*** Records shown Section Begins ***
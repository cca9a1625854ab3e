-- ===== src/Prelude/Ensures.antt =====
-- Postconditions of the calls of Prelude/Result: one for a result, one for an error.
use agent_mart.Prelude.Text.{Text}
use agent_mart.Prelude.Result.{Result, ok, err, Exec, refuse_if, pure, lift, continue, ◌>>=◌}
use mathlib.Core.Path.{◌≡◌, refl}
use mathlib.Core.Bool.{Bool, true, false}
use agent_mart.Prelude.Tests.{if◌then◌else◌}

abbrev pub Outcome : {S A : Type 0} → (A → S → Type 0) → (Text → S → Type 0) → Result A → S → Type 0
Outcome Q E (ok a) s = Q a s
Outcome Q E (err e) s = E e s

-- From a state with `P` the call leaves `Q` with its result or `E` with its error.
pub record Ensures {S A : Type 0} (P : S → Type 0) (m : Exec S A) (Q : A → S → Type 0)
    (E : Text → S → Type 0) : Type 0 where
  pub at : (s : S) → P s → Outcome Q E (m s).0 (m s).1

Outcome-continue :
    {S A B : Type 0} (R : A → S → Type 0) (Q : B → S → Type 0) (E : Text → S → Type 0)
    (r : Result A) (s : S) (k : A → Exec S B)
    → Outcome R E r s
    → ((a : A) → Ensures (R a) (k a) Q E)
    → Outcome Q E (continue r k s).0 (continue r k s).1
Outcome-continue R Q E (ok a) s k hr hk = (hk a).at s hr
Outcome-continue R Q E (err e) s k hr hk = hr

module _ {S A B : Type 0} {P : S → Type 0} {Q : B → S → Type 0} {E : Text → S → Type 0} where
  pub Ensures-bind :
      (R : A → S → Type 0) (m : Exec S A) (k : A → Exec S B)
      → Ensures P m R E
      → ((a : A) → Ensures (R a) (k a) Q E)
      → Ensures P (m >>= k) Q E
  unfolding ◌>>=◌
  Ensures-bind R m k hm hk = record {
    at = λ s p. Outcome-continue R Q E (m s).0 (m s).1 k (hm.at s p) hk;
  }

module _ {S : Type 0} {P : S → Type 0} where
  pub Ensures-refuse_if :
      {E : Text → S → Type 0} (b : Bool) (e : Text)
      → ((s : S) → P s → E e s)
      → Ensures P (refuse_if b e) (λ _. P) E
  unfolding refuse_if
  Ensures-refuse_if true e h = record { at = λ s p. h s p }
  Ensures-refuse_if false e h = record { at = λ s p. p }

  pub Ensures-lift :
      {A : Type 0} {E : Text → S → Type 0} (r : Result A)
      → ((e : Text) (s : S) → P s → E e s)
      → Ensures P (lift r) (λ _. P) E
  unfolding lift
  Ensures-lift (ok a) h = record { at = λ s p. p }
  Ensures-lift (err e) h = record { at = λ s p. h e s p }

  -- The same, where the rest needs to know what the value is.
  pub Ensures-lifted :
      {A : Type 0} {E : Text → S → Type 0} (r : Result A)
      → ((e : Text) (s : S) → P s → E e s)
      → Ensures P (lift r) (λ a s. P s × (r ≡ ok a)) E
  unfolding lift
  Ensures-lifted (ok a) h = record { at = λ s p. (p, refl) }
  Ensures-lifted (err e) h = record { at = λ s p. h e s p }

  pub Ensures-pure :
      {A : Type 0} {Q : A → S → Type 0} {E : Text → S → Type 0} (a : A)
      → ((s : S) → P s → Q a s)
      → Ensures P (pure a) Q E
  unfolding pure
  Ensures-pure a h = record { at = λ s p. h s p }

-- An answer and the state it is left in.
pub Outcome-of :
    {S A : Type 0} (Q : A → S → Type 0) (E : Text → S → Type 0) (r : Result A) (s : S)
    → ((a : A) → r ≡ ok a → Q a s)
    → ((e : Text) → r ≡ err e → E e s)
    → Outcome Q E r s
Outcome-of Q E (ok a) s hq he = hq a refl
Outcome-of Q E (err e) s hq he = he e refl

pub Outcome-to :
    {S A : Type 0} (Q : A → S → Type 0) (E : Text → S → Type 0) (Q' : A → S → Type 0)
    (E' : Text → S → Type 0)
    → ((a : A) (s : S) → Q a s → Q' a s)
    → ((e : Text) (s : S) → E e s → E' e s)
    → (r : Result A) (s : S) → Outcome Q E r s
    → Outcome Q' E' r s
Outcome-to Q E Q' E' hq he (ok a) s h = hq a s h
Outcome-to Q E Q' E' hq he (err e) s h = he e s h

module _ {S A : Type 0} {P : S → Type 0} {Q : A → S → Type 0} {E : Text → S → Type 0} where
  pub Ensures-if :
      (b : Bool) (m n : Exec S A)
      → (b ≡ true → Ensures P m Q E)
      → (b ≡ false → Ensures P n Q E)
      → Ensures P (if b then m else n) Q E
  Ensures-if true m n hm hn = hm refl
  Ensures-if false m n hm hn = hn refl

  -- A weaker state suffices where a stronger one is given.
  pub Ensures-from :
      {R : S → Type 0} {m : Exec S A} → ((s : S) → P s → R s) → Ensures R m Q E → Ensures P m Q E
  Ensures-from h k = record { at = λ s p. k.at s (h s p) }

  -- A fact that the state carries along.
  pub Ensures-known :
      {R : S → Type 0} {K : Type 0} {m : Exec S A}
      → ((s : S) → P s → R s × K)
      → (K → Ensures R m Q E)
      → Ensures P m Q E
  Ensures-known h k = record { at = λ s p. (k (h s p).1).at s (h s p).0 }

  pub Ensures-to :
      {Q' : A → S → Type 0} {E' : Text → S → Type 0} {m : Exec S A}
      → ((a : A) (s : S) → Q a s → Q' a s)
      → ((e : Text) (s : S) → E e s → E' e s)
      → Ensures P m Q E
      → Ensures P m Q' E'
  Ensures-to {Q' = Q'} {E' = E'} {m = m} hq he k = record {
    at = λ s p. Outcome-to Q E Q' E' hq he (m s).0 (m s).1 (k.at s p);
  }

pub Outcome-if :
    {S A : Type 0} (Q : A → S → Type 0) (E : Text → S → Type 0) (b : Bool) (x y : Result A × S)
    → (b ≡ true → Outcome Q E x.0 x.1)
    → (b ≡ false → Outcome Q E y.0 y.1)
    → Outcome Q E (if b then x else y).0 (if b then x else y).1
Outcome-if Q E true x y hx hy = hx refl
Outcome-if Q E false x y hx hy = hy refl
*** Records shown Section Ends ***
*** Records shown Section Begins ***
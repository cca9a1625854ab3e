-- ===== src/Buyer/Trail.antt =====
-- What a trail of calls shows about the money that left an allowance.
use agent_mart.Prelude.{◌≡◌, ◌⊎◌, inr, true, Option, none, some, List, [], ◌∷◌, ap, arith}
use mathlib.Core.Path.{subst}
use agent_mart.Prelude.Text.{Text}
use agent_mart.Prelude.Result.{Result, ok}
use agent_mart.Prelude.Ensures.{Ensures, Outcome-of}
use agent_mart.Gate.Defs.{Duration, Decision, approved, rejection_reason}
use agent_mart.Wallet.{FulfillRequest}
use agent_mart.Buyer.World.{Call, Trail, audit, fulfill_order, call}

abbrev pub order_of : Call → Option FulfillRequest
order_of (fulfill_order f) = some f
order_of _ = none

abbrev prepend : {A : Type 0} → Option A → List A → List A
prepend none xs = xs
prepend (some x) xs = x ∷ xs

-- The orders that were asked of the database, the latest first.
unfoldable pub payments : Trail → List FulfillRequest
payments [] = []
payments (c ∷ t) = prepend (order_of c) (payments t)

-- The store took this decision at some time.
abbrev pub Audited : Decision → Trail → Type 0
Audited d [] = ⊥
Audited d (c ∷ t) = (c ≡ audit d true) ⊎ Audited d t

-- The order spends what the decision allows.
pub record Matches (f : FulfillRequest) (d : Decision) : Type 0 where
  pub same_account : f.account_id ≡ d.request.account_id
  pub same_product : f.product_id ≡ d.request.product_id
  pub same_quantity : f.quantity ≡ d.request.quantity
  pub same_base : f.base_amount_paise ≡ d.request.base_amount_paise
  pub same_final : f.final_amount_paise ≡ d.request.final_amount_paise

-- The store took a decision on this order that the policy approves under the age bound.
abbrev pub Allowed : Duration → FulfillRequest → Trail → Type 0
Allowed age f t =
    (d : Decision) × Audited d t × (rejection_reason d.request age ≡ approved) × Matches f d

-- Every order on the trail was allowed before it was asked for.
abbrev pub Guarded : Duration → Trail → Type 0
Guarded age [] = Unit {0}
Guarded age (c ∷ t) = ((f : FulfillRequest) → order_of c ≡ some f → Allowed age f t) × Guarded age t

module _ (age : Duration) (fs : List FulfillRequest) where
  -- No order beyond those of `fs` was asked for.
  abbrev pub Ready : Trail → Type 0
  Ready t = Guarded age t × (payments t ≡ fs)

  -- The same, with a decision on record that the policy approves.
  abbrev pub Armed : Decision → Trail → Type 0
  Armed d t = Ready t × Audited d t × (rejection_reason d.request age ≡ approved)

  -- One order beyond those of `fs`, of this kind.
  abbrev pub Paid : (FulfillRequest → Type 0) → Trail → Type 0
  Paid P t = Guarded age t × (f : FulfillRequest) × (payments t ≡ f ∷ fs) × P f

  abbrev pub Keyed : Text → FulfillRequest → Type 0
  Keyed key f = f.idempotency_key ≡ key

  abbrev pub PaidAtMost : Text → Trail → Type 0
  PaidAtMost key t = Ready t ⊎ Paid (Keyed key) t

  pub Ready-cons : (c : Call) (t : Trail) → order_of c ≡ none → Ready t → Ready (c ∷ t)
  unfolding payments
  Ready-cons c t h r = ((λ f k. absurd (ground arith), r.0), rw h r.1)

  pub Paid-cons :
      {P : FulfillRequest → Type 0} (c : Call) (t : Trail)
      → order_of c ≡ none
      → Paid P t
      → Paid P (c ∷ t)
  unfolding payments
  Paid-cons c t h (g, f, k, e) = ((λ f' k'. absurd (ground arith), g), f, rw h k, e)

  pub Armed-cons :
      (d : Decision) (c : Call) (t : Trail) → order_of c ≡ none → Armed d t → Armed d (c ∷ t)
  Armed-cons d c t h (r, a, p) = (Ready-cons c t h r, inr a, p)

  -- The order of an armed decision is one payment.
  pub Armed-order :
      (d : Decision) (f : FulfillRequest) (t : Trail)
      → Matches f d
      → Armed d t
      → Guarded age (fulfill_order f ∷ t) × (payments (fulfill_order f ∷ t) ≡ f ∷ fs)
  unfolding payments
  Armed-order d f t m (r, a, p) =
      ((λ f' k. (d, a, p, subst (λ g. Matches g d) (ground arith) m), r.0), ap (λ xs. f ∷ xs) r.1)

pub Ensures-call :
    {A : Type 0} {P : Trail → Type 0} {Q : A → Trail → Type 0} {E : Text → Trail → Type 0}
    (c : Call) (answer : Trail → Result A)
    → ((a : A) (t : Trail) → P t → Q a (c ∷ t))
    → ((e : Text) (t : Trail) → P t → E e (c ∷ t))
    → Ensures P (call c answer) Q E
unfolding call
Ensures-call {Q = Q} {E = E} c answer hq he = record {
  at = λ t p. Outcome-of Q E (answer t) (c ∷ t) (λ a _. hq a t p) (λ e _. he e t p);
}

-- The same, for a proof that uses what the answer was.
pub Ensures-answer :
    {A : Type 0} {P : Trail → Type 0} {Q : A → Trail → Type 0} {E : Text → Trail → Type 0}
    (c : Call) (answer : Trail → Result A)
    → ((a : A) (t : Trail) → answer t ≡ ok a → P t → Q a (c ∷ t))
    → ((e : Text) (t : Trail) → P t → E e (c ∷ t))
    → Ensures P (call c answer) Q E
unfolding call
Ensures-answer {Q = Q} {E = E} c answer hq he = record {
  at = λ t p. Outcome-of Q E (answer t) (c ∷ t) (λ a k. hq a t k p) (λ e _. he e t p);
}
*** Records shown Section Ends ***
The problem: Find how many lines in the records contain the string "Duration", then give the number alone.

Written response: 4